* EXERCISE PROMPT:
For this exercise, reproduce the entries below exactly, but only from the line containing "poll-Ends zero w = timed_out start refl" through the line containing "-- otherwise.", both included.

* MATERIALS PROVIDED:
..............................

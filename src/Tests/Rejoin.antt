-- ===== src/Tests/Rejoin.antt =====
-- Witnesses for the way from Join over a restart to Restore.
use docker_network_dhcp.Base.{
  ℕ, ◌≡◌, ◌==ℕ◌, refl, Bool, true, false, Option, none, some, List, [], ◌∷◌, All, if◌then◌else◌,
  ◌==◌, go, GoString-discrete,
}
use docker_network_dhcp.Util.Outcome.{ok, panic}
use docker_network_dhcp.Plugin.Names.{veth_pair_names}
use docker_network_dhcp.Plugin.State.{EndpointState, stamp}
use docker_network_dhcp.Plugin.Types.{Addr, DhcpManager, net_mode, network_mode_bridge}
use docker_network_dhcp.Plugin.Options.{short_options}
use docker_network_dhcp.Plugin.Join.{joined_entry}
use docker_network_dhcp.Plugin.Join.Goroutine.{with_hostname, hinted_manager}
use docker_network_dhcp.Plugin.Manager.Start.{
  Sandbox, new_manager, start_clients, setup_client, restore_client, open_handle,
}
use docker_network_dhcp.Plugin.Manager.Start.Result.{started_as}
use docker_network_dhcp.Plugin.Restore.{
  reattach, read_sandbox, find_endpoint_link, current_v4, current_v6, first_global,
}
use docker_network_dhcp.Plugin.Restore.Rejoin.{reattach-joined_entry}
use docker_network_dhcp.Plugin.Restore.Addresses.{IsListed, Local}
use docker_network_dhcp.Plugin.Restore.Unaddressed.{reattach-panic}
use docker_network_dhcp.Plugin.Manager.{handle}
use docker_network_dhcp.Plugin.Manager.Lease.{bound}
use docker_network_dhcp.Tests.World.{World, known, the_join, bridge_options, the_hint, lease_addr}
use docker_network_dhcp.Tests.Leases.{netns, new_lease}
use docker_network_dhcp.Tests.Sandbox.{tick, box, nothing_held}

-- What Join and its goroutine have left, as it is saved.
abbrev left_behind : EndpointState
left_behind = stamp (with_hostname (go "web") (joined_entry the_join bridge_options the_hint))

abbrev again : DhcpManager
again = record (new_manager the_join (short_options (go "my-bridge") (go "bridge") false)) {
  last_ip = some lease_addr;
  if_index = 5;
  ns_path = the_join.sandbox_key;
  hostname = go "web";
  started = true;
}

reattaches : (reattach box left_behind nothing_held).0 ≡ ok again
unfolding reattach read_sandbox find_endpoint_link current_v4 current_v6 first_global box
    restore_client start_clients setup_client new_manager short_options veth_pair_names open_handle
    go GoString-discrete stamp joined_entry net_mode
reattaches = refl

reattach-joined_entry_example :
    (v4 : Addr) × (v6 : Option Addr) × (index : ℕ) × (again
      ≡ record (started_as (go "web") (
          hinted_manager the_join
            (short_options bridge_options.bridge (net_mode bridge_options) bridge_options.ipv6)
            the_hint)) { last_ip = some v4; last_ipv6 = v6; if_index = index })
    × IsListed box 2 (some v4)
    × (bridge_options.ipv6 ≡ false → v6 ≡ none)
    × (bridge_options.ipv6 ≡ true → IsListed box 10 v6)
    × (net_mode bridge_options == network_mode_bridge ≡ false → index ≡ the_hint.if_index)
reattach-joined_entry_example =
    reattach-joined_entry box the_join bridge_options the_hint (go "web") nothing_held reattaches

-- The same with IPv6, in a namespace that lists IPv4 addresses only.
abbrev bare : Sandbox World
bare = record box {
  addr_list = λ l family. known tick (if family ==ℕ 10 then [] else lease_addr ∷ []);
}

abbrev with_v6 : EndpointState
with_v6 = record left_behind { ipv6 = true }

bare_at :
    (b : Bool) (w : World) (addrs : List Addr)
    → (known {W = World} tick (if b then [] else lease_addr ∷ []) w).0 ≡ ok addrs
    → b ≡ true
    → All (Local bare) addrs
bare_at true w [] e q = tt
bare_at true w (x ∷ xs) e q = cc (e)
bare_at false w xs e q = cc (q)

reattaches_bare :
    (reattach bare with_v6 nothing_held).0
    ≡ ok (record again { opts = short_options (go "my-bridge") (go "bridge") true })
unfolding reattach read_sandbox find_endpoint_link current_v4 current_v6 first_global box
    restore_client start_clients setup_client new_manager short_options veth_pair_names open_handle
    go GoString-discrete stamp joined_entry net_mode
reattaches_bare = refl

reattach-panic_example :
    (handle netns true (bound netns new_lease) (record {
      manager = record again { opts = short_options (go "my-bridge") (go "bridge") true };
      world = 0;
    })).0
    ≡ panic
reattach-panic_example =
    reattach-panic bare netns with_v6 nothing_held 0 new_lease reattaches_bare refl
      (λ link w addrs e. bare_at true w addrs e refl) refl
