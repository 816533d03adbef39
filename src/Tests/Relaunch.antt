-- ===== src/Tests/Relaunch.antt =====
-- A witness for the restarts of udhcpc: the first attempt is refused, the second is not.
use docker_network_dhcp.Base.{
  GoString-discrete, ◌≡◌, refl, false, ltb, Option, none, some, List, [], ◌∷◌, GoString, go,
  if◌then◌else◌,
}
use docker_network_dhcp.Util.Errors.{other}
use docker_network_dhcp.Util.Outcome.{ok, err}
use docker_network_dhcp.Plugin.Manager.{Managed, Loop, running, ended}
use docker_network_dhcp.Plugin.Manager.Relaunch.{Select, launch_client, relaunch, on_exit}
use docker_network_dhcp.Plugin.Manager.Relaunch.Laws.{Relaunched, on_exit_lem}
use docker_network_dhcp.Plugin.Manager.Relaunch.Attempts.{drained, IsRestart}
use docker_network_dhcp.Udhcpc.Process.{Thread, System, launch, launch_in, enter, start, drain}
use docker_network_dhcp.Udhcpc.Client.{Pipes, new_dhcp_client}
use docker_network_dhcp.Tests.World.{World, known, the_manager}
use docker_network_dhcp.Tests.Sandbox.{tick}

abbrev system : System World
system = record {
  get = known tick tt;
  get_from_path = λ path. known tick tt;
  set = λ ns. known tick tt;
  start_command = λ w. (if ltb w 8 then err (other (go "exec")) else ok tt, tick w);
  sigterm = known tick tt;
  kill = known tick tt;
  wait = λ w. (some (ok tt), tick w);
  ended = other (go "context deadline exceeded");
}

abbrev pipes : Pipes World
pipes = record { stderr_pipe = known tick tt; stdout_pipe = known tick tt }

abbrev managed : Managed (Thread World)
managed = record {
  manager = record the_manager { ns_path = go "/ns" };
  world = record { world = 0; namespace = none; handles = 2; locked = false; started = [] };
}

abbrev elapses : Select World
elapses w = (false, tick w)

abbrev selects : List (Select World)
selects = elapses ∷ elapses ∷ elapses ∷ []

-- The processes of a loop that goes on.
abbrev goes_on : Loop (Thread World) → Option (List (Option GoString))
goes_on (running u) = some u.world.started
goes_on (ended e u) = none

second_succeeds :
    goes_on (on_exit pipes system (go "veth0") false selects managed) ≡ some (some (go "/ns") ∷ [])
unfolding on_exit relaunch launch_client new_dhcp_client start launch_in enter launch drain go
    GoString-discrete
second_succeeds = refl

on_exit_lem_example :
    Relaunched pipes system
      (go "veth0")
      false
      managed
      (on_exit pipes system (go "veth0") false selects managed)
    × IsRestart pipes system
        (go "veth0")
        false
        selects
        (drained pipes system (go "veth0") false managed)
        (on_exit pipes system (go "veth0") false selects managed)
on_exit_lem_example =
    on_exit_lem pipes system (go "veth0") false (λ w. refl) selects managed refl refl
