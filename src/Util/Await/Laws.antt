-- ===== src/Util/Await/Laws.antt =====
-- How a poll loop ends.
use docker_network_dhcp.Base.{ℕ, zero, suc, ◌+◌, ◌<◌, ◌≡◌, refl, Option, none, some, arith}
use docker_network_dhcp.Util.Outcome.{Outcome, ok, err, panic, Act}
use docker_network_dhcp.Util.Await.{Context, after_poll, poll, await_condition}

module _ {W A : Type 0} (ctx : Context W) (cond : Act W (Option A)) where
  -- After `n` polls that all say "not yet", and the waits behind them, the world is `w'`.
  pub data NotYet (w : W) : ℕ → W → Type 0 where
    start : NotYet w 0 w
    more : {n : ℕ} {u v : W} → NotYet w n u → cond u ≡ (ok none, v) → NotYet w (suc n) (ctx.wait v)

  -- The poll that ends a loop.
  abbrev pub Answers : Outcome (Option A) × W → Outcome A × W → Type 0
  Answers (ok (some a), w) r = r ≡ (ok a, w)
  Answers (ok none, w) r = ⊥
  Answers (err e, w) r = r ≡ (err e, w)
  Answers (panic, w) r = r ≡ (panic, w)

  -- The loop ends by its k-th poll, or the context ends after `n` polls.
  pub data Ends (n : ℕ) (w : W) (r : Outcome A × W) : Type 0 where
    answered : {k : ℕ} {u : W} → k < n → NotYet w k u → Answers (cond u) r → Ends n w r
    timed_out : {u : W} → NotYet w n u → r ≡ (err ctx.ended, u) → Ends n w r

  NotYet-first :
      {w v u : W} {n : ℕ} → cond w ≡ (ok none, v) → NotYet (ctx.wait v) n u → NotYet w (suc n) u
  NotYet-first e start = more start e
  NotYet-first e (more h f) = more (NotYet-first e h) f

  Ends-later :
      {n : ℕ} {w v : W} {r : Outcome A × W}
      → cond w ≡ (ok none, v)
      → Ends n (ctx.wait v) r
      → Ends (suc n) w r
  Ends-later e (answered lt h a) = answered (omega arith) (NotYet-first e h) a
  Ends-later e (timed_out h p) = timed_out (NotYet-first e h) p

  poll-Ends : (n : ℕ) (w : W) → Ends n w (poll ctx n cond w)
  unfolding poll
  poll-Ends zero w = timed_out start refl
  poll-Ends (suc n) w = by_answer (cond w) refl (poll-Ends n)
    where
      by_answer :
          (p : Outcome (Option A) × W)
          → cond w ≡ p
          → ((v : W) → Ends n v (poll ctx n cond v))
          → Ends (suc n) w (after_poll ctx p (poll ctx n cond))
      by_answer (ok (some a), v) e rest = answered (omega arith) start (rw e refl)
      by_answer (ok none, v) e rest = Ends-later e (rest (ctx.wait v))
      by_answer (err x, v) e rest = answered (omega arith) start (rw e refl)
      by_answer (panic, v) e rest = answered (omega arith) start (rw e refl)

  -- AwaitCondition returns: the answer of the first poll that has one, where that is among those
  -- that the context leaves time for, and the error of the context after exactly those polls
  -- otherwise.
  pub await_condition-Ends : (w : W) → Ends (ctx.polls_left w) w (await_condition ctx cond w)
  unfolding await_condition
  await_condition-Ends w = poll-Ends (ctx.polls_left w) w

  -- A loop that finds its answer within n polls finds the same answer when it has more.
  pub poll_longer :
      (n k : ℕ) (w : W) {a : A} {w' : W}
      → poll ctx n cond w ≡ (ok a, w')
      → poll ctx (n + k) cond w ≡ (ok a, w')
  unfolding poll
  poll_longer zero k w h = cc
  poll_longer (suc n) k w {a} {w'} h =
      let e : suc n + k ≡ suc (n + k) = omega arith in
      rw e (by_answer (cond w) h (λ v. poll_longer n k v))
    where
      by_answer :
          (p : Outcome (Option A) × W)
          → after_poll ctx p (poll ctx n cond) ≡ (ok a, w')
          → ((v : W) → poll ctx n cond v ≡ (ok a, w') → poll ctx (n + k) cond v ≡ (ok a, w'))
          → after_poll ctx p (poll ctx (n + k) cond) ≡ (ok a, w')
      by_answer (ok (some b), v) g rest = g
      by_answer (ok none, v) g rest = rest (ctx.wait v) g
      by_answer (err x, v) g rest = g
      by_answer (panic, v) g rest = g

..............................

* FINAL ANSWER:
  poll-Ends zero w = timed_out start refl
  poll-Ends (suc n) w = by_answer (cond w) refl (poll-Ends n)
    where
      by_answer :
          (p : Outcome (Option A) × W)
          → cond w ≡ p
          → ((v : W) → Ends n v (poll ctx n cond v))
          → Ends (suc n) w (after_poll ctx p (poll ctx n cond))
      by_answer (ok (some a), v) e rest = answered (omega arith) start (rw e refl)
      by_answer (ok none, v) e rest = Ends-later e (rest (ctx.wait v))
      by_answer (err x, v) e rest = answered (omega arith) start (rw e refl)
      by_answer (panic, v) e rest = answered (omega arith) start (rw e refl)

  -- AwaitCondition returns: the answer of the first poll that has one, where that is among those
  -- that the context leaves time for, and the error of the context after exactly those polls
  -- otherwise.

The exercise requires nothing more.